On touche là au coeur du problème. Pour sauvegarder la bibliodiversité, il faut lui aménager des espaces protégés dans les journaux, dans les points de vente, dans les esprits. "Nous évoluons dans un milieu de l’offre et non de la demande, il faut parler et faire parler de littérature, c’est le seul moyen de faire en sorte que les gens continuent à en lire. Et c’est ce combat qu’entend mener le GELI."

Quant à l’ANEL (Association nationale des éditeurs de livres), elle ne peut suffire, selon lui, à porter ce genre de revendications, car qui prétend défendre les intérêts de la littérature doit s’y consacrer pleinement, ce qui n’est pas la vocation de l’ANEL. "Bien qu’elles se ressemblent, l’industrie du livre et l’édition purement littéraire sont deux métiers différents. Lorsque l’on parle de manuels de l’auto ou de guides pratiques, par exemple, on parle de milliers d’exemplaires distribués dans 400 à 500 points de vente, alors que l’éditeur qui fait de la poésie ou de la nouvelle ne peut compter que sur un réseau de 70 à 80 libraires, pour des tirages qui dépassent très rarement les 1000 copies. Le rapport de force est forcément différent."

"Créer des ponts"

Loin de lui, cependant, l’idée d’établir un quelconque clivage. Au contraire, il s’agit de "créer des ponts". Arnaud Foulon s’empresse d’ajouter que le GELI et l’ANEL ont des luttes communes à mener telles que l’opposition au projet de loi C-32 sur le droit d’auteur, sur laquelle les deux organismes se retrouvent complètement. De même, il prône la concertation avec les autres associations littéraires comme l’UNEQ (Union des écrivaines et des écrivains québécois) et l’ALQ (Association des libraires du Québec), entre autres.

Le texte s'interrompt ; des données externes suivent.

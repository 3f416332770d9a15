-- ===== src/Time/Rtc/Tests.antt =====
-- Reads of a clock, and the theorems about them at concrete inputs.
use dvida_oxide.Prelude.{◌≡◌, refl, true, arith}
use dvida_oxide.Time.Rtc.{Registers, decode, bcd_to_binary, decode_12_hour}

-- 11 p.m. on a BCD clock of 12 hours.
abbrev late_evening : Registers
late_evening = record {
  seconds = 0x59;
  minutes = 0x30;
  hours = 0x91;
  weekday = 6;
  day = 0x31;
  month = 0x12;
  year = 0x25;
  century = 0x20;
  status_b = 0;
}

late_evening_runs :
    decode late_evening
    ≡ record { second = 59; minute = 30; hour = 11; day = 31; month = 12; year = 2025; weekday = 6 }
unfolding decode
late_evening_runs = refl

decode_12_hour_example : (decode late_evening).hour ≡ 11
decode_12_hour_example = decode_12_hour late_evening true 11 refl (omega arith) (omega arith) refl

bcd_runs : bcd_to_binary 0x42 ≡ 42
unfolding bcd_to_binary
bcd_runs = refl
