-- ===== src/Time/Tests.antt =====
-- Runs of the clock's conversions, and their theorems at concrete inputs.
use dvida_oxide.Prelude.{◌+◌, ◌-◌, ◌*◌, ◌%◌, ◌^◌, ◌≡◌, ◌<◌, refl, some, arith}
use dvida_oxide.Prelude.Int.{ℤ, pos, negsuc, ◌+ℤ◌, ◌-ℤ◌, ◌*ℤ◌, div_ℤ, mod_ℤ, as_word}
use dvida_oxide.Time.{
  RtcDateTime, datetime_to_unix_timestamp, unix_timestamp_to_datetime, calculate_weekday,
  rtc_to_posix, is_leap_year, add_years, add_months, split_years, split_months,
}
use dvida_oxide.Time.Days.{days_before_year}
use dvida_oxide.Time.RoundTrip.{
  IsDatetime, end_of_time, unix_timestamp_to_datetime-datetime_to_unix_timestamp,
  datetime_to_unix_timestamp-unix_timestamp_to_datetime,
}
use dvida_oxide.Time.Posix.{rtc_to_posix-datetime_to_unix_timestamp}

-- Thursday, 29 February 2024, 13:37:05.
abbrev leap_day : RtcDateTime
leap_day = record {
  second = 5;
  minute = 37;
  hour = 13;
  day = 29;
  month = 2;
  year = 2024;
  weekday = 4;
}

leap_day_runs : datetime_to_unix_timestamp leap_day ≡ some (pos 1709213825)
unfolding datetime_to_unix_timestamp add_years add_months is_leap_year ◌+ℤ◌ ◌-ℤ◌ ◌*ℤ◌
leap_day_runs = refl

leap_day_back : unix_timestamp_to_datetime (pos 1709213825) ≡ some leap_day
unfolding unix_timestamp_to_datetime split_years split_months calculate_weekday is_leap_year ◌+ℤ◌
    ◌-ℤ◌ ◌*ℤ◌ div_ℤ mod_ℤ as_word
leap_day_back = refl

leap_day_posix : rtc_to_posix leap_day ≡ 1709213825 - 59 * 86400
unfolding rtc_to_posix ◌+ℤ◌ ◌-ℤ◌ ◌*ℤ◌ div_ℤ as_word
leap_day_posix = refl

-- A timestamp before 1970 is no date before 1970.
before_1970 :
    unix_timestamp_to_datetime (negsuc 86400)
    ≡ some (record {
      second = 255;
      minute = 0;
      hour = 0;
      day = 0;
      month = 1;
      year = 1970;
      weekday = 3;
    })
unfolding unix_timestamp_to_datetime split_years split_months calculate_weekday is_leap_year ◌+ℤ◌
    ◌-ℤ◌ ◌*ℤ◌ div_ℤ mod_ℤ as_word
before_1970 = refl

leap_day-IsDatetime : IsDatetime leap_day
unfolding is_leap_year
leap_day-IsDatetime = omega arith

rtc_to_posix_example : (rtc_to_posix leap_day + 59 * 86400) % 2 ^ 32 ≡ 1709213825 % 2 ^ 32
rtc_to_posix_example =
    rtc_to_posix-datetime_to_unix_timestamp leap_day 1709213825 leap_day-IsDatetime.date
      leap_day_runs

early : 1709213825 < end_of_time
unfolding days_before_year
early = omega arith

from_timestamp_example :
    (dt : RtcDateTime) × (unix_timestamp_to_datetime (pos 1709213825) ≡ some dt)
    × IsDatetime dt
    × (datetime_to_unix_timestamp dt ≡ some (pos 1709213825))
from_timestamp_example = unix_timestamp_to_datetime-datetime_to_unix_timestamp 1709213825 early

leap_day_weekday : leap_day.weekday ≡ calculate_weekday 2024 2 29
unfolding calculate_weekday ◌+ℤ◌ ◌-ℤ◌ ◌*ℤ◌ div_ℤ mod_ℤ as_word
leap_day_weekday = refl

from_date_example :
    (timestamp : ℤ) × (datetime_to_unix_timestamp leap_day ≡ some timestamp)
    × (unix_timestamp_to_datetime timestamp ≡ some leap_day)
from_date_example =
    datetime_to_unix_timestamp-unix_timestamp_to_datetime leap_day leap_day-IsDatetime
      leap_day_weekday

"Le GELI n’est pas une association, insiste Arnaud Foulon, c’est un laboratoire d’idées, un regroupement informel. Nous voulons fonctionner de manière inclusive, c’est-à-dire être capables de réunir, sur un sujet donné, tous les acteurs concernés afin d’aboutir à une position commune que nous défendrons conjointement", dit-il avant de conclure, optimiste: "Nous sommes nombreux au Québec à vouloir promouvoir la littérature d’ici, et à savoir combien elle est belle et riche. C’est en unissant nos voix pour qu’elles portent plus haut et plus fort que nous réussirons à en convaincre les gens."